» **INSTRUCTIONS FOR THE TASK**
A single stretch of the material below is to be transcribed exactly, starting at the line with "n) ms desired found r" and ending after the line with "FoundIn-skip n m ms desired found r p (inr".

DATASET Block Start

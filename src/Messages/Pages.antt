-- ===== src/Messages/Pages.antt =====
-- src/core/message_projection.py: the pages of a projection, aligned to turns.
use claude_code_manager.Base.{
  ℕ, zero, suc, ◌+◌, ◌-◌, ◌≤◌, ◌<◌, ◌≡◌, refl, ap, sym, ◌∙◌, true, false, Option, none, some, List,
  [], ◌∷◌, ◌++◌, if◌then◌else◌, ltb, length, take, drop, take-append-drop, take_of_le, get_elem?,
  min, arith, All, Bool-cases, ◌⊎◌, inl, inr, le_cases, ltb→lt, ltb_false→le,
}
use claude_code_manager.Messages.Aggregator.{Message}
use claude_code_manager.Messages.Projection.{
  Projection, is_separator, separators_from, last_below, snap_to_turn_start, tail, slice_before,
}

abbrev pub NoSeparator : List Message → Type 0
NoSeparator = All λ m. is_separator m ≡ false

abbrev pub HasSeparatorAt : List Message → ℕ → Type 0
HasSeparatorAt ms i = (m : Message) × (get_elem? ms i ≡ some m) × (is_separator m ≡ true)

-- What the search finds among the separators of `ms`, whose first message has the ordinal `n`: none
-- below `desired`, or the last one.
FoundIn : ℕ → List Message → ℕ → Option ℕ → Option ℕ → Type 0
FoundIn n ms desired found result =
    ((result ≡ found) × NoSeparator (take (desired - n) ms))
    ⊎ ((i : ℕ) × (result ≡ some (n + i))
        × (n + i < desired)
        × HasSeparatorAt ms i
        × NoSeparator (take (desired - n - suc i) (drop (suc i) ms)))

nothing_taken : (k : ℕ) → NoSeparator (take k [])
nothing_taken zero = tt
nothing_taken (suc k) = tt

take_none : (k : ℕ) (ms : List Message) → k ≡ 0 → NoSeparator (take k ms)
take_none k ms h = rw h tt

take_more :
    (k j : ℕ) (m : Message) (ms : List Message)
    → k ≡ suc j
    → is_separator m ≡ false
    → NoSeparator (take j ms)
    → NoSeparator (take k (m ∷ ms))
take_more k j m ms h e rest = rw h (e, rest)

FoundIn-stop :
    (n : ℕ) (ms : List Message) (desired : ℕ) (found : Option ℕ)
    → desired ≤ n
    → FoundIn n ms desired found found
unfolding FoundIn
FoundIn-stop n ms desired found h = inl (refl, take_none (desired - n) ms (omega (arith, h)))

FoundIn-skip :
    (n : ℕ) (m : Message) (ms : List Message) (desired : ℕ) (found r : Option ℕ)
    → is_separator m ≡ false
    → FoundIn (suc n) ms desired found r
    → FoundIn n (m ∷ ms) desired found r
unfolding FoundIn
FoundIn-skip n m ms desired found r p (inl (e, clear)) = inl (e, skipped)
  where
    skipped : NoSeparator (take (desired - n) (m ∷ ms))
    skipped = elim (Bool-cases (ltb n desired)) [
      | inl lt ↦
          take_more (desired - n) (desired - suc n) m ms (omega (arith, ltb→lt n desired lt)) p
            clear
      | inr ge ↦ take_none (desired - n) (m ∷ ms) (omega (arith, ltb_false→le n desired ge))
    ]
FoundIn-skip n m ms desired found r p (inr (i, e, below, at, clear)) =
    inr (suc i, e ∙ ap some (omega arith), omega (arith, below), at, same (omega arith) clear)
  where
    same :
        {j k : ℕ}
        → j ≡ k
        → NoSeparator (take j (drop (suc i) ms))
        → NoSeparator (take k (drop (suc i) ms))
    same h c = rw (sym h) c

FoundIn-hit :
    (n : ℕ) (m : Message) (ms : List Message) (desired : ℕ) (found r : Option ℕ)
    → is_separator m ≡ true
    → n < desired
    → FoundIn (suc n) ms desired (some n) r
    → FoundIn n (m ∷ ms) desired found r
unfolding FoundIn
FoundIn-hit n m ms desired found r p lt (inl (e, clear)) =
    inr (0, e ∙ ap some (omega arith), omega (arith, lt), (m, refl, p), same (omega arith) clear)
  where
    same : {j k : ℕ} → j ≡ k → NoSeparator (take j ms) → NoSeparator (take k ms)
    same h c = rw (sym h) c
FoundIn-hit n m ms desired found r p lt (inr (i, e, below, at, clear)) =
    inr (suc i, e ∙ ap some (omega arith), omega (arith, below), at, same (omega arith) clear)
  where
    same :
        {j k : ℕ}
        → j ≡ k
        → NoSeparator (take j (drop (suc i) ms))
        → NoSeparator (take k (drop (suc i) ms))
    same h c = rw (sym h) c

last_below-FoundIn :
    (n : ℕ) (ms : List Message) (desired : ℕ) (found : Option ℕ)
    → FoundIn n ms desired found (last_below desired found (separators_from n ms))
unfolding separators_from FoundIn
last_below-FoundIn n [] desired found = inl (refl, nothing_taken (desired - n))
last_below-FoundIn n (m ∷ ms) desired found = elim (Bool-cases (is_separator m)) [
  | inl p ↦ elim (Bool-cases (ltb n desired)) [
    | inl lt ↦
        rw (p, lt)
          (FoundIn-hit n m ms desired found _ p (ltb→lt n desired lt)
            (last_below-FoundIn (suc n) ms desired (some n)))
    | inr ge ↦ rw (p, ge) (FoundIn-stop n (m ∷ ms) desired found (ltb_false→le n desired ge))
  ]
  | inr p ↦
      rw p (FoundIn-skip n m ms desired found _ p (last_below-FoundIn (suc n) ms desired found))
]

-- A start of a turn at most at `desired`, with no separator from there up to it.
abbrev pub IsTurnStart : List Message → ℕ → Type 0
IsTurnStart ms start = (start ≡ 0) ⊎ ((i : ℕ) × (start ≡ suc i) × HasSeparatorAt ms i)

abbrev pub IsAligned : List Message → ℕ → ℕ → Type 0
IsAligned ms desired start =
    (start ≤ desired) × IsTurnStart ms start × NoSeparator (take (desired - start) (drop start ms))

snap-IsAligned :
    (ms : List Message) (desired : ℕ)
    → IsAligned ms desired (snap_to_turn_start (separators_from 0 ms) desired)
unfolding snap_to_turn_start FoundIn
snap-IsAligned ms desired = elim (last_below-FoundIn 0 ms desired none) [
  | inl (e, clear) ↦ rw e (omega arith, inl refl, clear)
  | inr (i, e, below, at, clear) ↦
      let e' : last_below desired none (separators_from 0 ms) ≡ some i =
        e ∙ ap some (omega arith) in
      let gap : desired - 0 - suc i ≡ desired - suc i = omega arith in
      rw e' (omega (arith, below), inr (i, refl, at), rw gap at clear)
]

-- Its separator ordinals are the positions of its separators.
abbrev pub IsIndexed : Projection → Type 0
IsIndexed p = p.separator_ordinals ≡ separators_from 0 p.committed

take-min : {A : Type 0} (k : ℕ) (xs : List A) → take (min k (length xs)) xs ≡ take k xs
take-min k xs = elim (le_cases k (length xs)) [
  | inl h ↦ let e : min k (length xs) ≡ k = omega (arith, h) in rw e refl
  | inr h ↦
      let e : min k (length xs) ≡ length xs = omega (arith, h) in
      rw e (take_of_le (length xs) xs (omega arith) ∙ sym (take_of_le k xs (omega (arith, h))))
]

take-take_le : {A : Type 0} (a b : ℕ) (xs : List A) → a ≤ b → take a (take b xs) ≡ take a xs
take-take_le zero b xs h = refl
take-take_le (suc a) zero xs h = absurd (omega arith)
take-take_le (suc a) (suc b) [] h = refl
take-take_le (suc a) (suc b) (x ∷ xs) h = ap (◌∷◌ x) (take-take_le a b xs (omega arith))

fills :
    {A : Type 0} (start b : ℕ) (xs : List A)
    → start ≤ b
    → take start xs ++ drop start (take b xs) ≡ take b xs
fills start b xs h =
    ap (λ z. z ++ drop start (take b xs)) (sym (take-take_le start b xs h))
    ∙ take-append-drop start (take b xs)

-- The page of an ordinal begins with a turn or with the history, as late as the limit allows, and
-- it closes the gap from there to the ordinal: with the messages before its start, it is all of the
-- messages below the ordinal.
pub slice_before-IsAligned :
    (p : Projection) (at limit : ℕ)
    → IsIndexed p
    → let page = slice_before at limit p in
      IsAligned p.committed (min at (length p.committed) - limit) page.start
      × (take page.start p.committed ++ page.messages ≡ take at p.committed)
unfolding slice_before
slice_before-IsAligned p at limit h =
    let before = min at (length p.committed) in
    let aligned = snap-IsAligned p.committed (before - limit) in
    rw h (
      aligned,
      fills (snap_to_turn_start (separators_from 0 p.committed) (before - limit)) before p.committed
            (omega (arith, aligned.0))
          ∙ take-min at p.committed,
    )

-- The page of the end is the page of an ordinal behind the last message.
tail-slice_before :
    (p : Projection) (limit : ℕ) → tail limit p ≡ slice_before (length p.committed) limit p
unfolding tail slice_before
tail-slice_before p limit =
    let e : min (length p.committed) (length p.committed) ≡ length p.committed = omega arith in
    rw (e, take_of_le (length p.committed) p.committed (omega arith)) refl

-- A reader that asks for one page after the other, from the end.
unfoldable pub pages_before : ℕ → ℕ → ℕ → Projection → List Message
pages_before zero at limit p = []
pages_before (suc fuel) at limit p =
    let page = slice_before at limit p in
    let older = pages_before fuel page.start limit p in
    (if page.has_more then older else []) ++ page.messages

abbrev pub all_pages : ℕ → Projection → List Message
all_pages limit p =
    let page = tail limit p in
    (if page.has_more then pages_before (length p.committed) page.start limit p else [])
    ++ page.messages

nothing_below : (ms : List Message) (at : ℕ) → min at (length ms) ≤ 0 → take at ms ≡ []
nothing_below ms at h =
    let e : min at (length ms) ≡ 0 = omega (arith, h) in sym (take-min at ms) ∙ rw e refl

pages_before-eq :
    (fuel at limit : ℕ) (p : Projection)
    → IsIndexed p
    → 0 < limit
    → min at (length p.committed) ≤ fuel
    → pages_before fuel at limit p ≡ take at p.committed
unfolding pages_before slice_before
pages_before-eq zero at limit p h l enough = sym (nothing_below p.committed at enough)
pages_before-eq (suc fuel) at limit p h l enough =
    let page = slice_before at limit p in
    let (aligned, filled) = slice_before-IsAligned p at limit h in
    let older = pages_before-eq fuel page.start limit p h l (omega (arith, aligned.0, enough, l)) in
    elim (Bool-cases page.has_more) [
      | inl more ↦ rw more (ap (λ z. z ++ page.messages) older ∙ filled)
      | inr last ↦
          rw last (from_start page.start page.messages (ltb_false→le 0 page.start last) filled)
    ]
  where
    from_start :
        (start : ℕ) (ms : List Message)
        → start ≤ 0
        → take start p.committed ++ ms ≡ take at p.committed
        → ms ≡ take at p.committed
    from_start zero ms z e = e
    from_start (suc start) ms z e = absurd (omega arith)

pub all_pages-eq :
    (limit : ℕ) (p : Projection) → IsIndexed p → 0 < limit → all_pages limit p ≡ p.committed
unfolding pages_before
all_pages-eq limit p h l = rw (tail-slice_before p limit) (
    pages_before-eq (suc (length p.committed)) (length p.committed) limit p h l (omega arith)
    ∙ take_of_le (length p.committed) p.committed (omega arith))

DATASET Block End

» **ANSWER TO THE PROBLEM**
    → FoundIn (suc n) ms desired found r
    → FoundIn n (m ∷ ms) desired found r
unfolding FoundIn
FoundIn-skip n m ms desired found r p (inl (e, clear)) = inl (e, skipped)
  where
    skipped : NoSeparator (take (desired - n) (m ∷ ms))
    skipped = elim (Bool-cases (ltb n desired)) [
      | inl lt ↦
          take_more (desired - n) (desired - suc n) m ms (omega (arith, ltb→lt n desired lt)) p
            clear
      | inr ge ↦ take_none (desired - n) (m ∷ ms) (omega (arith, ltb_false→le n desired ge))
    ]
FoundIn-skip n m ms desired found r p (inr (i, e, below, at, clear)) =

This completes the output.